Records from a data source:
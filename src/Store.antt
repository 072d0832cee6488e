-- ===== src/Store.antt =====
-- The evidence ledger: src/evidence_store.hpp and src/evidence_store.cpp.
pub mod Defs
pub mod Invariant
pub mod Contents
pub mod Determined
pub mod Sequence
pub mod Merge
pub mod Support
pub mod TwoRuns
pub mod Latest
pub mod Newest
pub mod LatestView
pub mod Envelope
pub mod KeyOrder
pub mod Ordered
pub mod Reread
pub mod RoundTrip
pub mod Samples
mod Tests
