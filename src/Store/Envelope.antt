-- ===== src/Store/Envelope.antt =====
-- The serialized form of the ledger (EvidenceStore::serialize and deserialize of
-- src/evidence_store.cpp): a header, the facts in canonical order, and the SHA-256 of all that.
use viy.Base.{
  ℕ, zero, suc, ◌-◌, Bool, true, false, ◌&&◌, Option, none, some, List, [], ◌∷◌, ◌++◌, length, take,
  drop, leb, ◌==◌, if◌then◌else◌,
}
use viy.Base.Lex.{equal_bytes, less_bytes}
use viy.Facts.Schema.{FactPayload, AnalysisFact}
use viy.Facts.Bytes.{◌>>=◌, FactCodecLimits, write_be, read_magic, read_u16, read_u32, read_u64}
use viy.Facts.Validate.{max_u32, max_u64}
use viy.Facts.Codec.{ensure, encode_payload, encode_analysis_fact, decode_analysis_fact}
use viy.Facts.Sha256.{sha256_bytes}
use viy.Store.Defs.{
  EvidenceStore, AddDisposition, inserted_record, added_observation, duplicate_observation,
  rejected_invalid, evidence_key, flattened_facts, add,
}

pub record StoreCodecLimits : Type 0 where
  pub max_blob_bytes : ℕ
  pub max_observations : ℕ
  pub fact_limits : FactCodecLimits

-- "VIYEVDB" and a zero
abbrev pub store_magic : List ℕ
store_magic = 86 ∷ 73 ∷ 89 ∷ 69 ∷ 86 ∷ 68 ∷ 66 ∷ 0 ∷ []

-- The length-delimited facts.
unfoldable pub write_facts : List AnalysisFact → Option (List ℕ)
write_facts [] = some []
write_facts (fact ∷ facts) = do
  encoded ← encode_analysis_fact fact
  fits ← ensure (leb (length encoded) max_u32) encoded
  rest ← write_facts facts
  some (write_be 4 (length fits) (fits ++ rest))

unfoldable pub write_header : ℕ → List ℕ → List ℕ
unfolding write_be
write_header count body =
    store_magic ++ write_be 2 1 (write_be 2 0 (write_be 4 1 (write_be 8 count body)))

unfoldable pub serialize : EvidenceStore → Option (List ℕ)
serialize store = do
  facts ← ensure (leb (length (flattened_facts store)) max_u64) (flattened_facts store)
  body ← write_facts facts
  some (write_header (length facts) body ++ sha256_bytes (write_header (length facts) body))

-- The key of payload_less, for an invalid payload one behind all others, without the error text.
unfoldable pub payload_key : FactPayload → List ℕ
payload_key payload = elim (encode_payload payload) [ none ↦ 255 ∷ [] | some bytes ↦ bytes ]

unfoldable pub analysis_fact_less : AnalysisFact → AnalysisFact → Bool
analysis_fact_less lhs rhs =
    if less_bytes (payload_key lhs.payload) (payload_key rhs.payload)
    then true
    else if less_bytes (payload_key rhs.payload) (payload_key lhs.payload)
    then false
    else less_bytes (evidence_key lhs.evidence) (evidence_key rhs.evidence)

abbrev pub follows : Option AnalysisFact → AnalysisFact → Bool
follows none fact = true
follows (some previous) fact = analysis_fact_less previous fact

abbrev pub is_added : AddDisposition → Bool
is_added inserted_record = true
is_added added_observation = true
is_added duplicate_observation = false
is_added rejected_invalid = false

-- One fact of the envelope.
unfoldable pub read_fact : FactCodecLimits → List ℕ → Option (AnalysisFact × List ℕ)
read_fact limits bytes = do
  (size, rest) ← read_u32 bytes
  allowed ← ensure (leb size limits.max_fact_bytes) size
  there ← ensure (leb allowed (length rest)) allowed
  fact ← decode_analysis_fact limits (take there rest)
  some (fact, drop there rest)

unfoldable pub read_facts :
    FactCodecLimits
    → ℕ
    → Option AnalysisFact
    → EvidenceStore
    → List ℕ
    → Option (EvidenceStore × List ℕ)
read_facts limits zero previous decoded bytes = some (decoded, bytes)
read_facts limits (suc count) previous decoded bytes = do
  (fact, rest) ← read_fact limits bytes
  next ← ensure (follows previous fact) fact
  added ← ensure (is_added (add next decoded).0) (add next decoded).1
  read_facts limits count (some next) added rest

-- The part before the digest, when the digest is that part's.
unfoldable pub check_digest : StoreCodecLimits → List ℕ → Option (List ℕ)
check_digest limits blob =
    ensure
      (leb (length blob) limits.max_blob_bytes
        && leb 56 (length blob)
        && equal_bytes (sha256_bytes (take (length blob - 32) blob)) (drop (length blob - 32) blob))
      (take (length blob - 32) blob)

-- The number of facts and what stands behind it.
unfoldable pub read_header : StoreCodecLimits → List ℕ → Option (ℕ × List ℕ)
read_header limits envelope = do
  b1 ← read_magic store_magic envelope
  (major, b2) ← read_u16 b1
  (minor, b3) ← read_u16 b2
  (flags, b4) ← read_u32 b3
  (count, b5) ← read_u64 b4
  ensure (major == 1 && minor == 0 && flags == 1 && leb count limits.max_observations) (count, b5)

unfoldable pub deserialize : StoreCodecLimits → List ℕ → Option EvidenceStore
deserialize limits blob = do
  envelope ← check_digest limits blob
  (count, body) ← read_header limits envelope
  (decoded, rest) ← read_facts limits.fact_limits count none [] body
  complete ← ensure (length rest == 0) decoded
  canonical ← serialize complete
  ensure (equal_bytes canonical blob) complete
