-- ===== src/Store/KeyOrder.antt =====
-- The order of the keys under any insertion (EvidenceStore::add of src/evidence_store.cpp).
use viy.Base.{ℕ, ◌≡◌, refl, Option, none, some, List, option_rule}
use viy.Base.Keyed.{find, place, Sorted, place-Sorted}
use viy.Facts.Schema.{AnalysisFact}
use viy.Store.Defs.{
  EvidenceStore, Entry, AddDisposition, entry_key, evidence_key, with_fact, add_at, keyed_fact, add,
}

with_fact_key : (key : List ℕ) (n : AnalysisFact) (m : Option Entry) → (with_fact key n m).key ≡ key
unfolding with_fact
with_fact_key key n none = refl
with_fact_key key n (some entry) = refl

-- Whatever the fact, adding keeps the strict order of the keys.
pub add-Sorted :
    (fact : AnalysisFact) (store : EvidenceStore)
    → Sorted entry_key store
    → Sorted entry_key (add fact store).1
unfolding add add_at
add-Sorted fact store s =
    option_rule (λ (r : AddDisposition × EvidenceStore). Sorted entry_key r.1) (keyed_fact fact) _ _
      (λ rejected. s)
      (λ keyed e.
        option_rule (λ (r : AddDisposition × EvidenceStore). Sorted entry_key r.1)
          (find entry_key keyed.0 store) _ _ (λ absent. placed keyed.0 keyed.1)
          (λ entry there.
            option_rule (λ (r : AddDisposition × EvidenceStore). Sorted entry_key r.1)
              (find evidence_key (evidence_key keyed.1.evidence) entry.value.observations) _ _
              (λ new. placed keyed.0 keyed.1) (λ o again. s)))
  where
    placed :
        (key : List ℕ) (n : AnalysisFact)
        → Sorted entry_key (place entry_key key (with_fact key n) store)
    placed key n = place-Sorted entry_key key (with_fact key n) store (with_fact_key key n) s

* _Task objective_
Would you transcribe all of the data, keeping each line exact?

* _Exercise response_
filename src/Store.antt
repository 072d0832cee6488e
-- ===== src/Store.antt =====
-- The evidence ledger: src/evidence_store.hpp and src/evidence_store.cpp.
pub mod Defs
pub mod Invariant
pub mod Contents
pub mod Determined
pub mod Sequence
pub mod Merge
pub mod Support
pub mod TwoRuns
pub mod Latest
pub mod Newest
pub mod LatestView
pub mod Envelope
pub mod KeyOrder
pub mod Ordered
pub mod Reread
pub mod RoundTrip
pub mod Samples
mod Tests
filename src/Store/Envelope.antt
-- ===== src/Store/Envelope.antt =====
-- The serialized form of the ledger (EvidenceStore::serialize and deserialize of
-- src/evidence_store.cpp): a header, the facts in canonical order, and the SHA-256 of all that.
use viy.Base.{
  ℕ, zero, suc, ◌-◌, Bool, true, false, ◌&&◌, Option, none, some, List, [], ◌∷◌, ◌++◌, length, take,
  drop, leb, ◌==◌, if◌then◌else◌,
}
use viy.Base.Lex.{equal_bytes, less_bytes}
use viy.Facts.Schema.{FactPayload, AnalysisFact}
use viy.Facts.Bytes.{◌>>=◌, FactCodecLimits, write_be, read_magic, read_u16, read_u32, read_u64}
use viy.Facts.Validate.{max_u32, max_u64}
use viy.Facts.Codec.{ensure, encode_payload, encode_analysis_fact, decode_analysis_fact}
use viy.Facts.Sha256.{sha256_bytes}
use viy.Store.Defs.{
  EvidenceStore, AddDisposition, inserted_record, added_observation, duplicate_observation,
  rejected_invalid, evidence_key, flattened_facts, add,
}

pub record StoreCodecLimits : Type 0 where
  pub max_blob_bytes : ℕ
  pub max_observations : ℕ
  pub fact_limits : FactCodecLimits

-- "VIYEVDB" and a zero
abbrev pub store_magic : List ℕ
store_magic = 86 ∷ 73 ∷ 89 ∷ 69 ∷ 86 ∷ 68 ∷ 66 ∷ 0 ∷ []

-- The length-delimited facts.
unfoldable pub write_facts : List AnalysisFact → Option (List ℕ)
write_facts [] = some []
write_facts (fact ∷ facts) = do
  encoded ← encode_analysis_fact fact
  fits ← ensure (leb (length encoded) max_u32) encoded
  rest ← write_facts facts
  some (write_be 4 (length fits) (fits ++ rest))

unfoldable pub write_header : ℕ → List ℕ → List ℕ
unfolding write_be
write_header count body =
    store_magic ++ write_be 2 1 (write_be 2 0 (write_be 4 1 (write_be 8 count body)))

unfoldable pub serialize : EvidenceStore → Option (List ℕ)
serialize store = do
  facts ← ensure (leb (length (flattened_facts store)) max_u64) (flattened_facts store)
  body ← write_facts facts
  some (write_header (length facts) body ++ sha256_bytes (write_header (length facts) body))

-- The key of payload_less, for an invalid payload one behind all others, without the error text.
unfoldable pub payload_key : FactPayload → List ℕ
payload_key payload = elim (encode_payload payload) [ none ↦ 255 ∷ [] | some bytes ↦ bytes ]

unfoldable pub analysis_fact_less : AnalysisFact → AnalysisFact → Bool
analysis_fact_less lhs rhs =
    if less_bytes (payload_key lhs.payload) (payload_key rhs.payload)
    then true
    else if less_bytes (payload_key rhs.payload) (payload_key lhs.payload)
    then false
    else less_bytes (evidence_key lhs.evidence) (evidence_key rhs.evidence)

abbrev pub follows : Option AnalysisFact → AnalysisFact → Bool
follows none fact = true
follows (some previous) fact = analysis_fact_less previous fact

abbrev pub is_added : AddDisposition → Bool
is_added inserted_record = true
is_added added_observation = true
is_added duplicate_observation = false
is_added rejected_invalid = false

-- One fact of the envelope.
unfoldable pub read_fact : FactCodecLimits → List ℕ → Option (AnalysisFact × List ℕ)
read_fact limits bytes = do
  (size, rest) ← read_u32 bytes
  allowed ← ensure (leb size limits.max_fact_bytes) size
  there ← ensure (leb allowed (length rest)) allowed
  fact ← decode_analysis_fact limits (take there rest)
  some (fact, drop there rest)

unfoldable pub read_facts :
    FactCodecLimits
    → ℕ
    → Option AnalysisFact
    → EvidenceStore
    → List ℕ
    → Option (EvidenceStore × List ℕ)
read_facts limits zero previous decoded bytes = some (decoded, bytes)
read_facts limits (suc count) previous decoded bytes = do
  (fact, rest) ← read_fact limits bytes
  next ← ensure (follows previous fact) fact
  added ← ensure (is_added (add next decoded).0) (add next decoded).1
  read_facts limits count (some next) added rest

-- The part before the digest, when the digest is that part's.
unfoldable pub check_digest : StoreCodecLimits → List ℕ → Option (List ℕ)
check_digest limits blob =
    ensure
      (leb (length blob) limits.max_blob_bytes
        && leb 56 (length blob)
        && equal_bytes (sha256_bytes (take (length blob - 32) blob)) (drop (length blob - 32) blob))
      (take (length blob - 32) blob)

-- The number of facts and what stands behind it.
unfoldable pub read_header : StoreCodecLimits → List ℕ → Option (ℕ × List ℕ)
read_header limits envelope = do
  b1 ← read_magic store_magic envelope
  (major, b2) ← read_u16 b1
  (minor, b3) ← read_u16 b2
  (flags, b4) ← read_u32 b3
  (count, b5) ← read_u64 b4
  ensure (major == 1 && minor == 0 && flags == 1 && leb count limits.max_observations) (count, b5)

unfoldable pub deserialize : StoreCodecLimits → List ℕ → Option EvidenceStore
deserialize limits blob = do
  envelope ← check_digest limits blob
  (count, body) ← read_header limits envelope
  (decoded, rest) ← read_facts limits.fact_limits count none [] body
  complete ← ensure (length rest == 0) decoded
  canonical ← serialize complete
  ensure (equal_bytes canonical blob) complete
-- ===== src/Store/KeyOrder.antt =====
-- The order of the keys under any insertion (EvidenceStore::add of src/evidence_store.cpp).
use viy.Base.{ℕ, ◌≡◌, refl, Option, none, some, List, option_rule}
use viy.Base.Keyed.{find, place, Sorted, place-Sorted}
use viy.Facts.Schema.{AnalysisFact}
use viy.Store.Defs.{
  EvidenceStore, Entry, AddDisposition, entry_key, evidence_key, with_fact, add_at, keyed_fact, add,
}

with_fact_key : (key : List ℕ) (n : AnalysisFact) (m : Option Entry) → (with_fact key n m).key ≡ key
unfolding with_fact
with_fact_key key n none = refl
with_fact_key key n (some entry) = refl

-- Whatever the fact, adding keeps the strict order of the keys.
pub add-Sorted :
    (fact : AnalysisFact) (store : EvidenceStore)
    → Sorted entry_key store
    → Sorted entry_key (add fact store).1
unfolding add add_at
add-Sorted fact store s =
    option_rule (λ (r : AddDisposition × EvidenceStore). Sorted entry_key r.1) (keyed_fact fact) _ _
      (λ rejected. s)
      (λ keyed e.
        option_rule (λ (r : AddDisposition × EvidenceStore). Sorted entry_key r.1)
          (find entry_key keyed.0 store) _ _ (λ absent. placed keyed.0 keyed.1)
          (λ entry there.
            option_rule (λ (r : AddDisposition × EvidenceStore). Sorted entry_key r.1)
              (find evidence_key (evidence_key keyed.1.evidence) entry.value.observations) _ _
              (λ new. placed keyed.0 keyed.1) (λ o again. s)))
  where
    placed :
        (key : List ℕ) (n : AnalysisFact)
        → Sorted entry_key (place entry_key key (with_fact key n) store)
    placed key n = place-Sorted entry_key key (with_fact key n) store (with_fact_key key n) s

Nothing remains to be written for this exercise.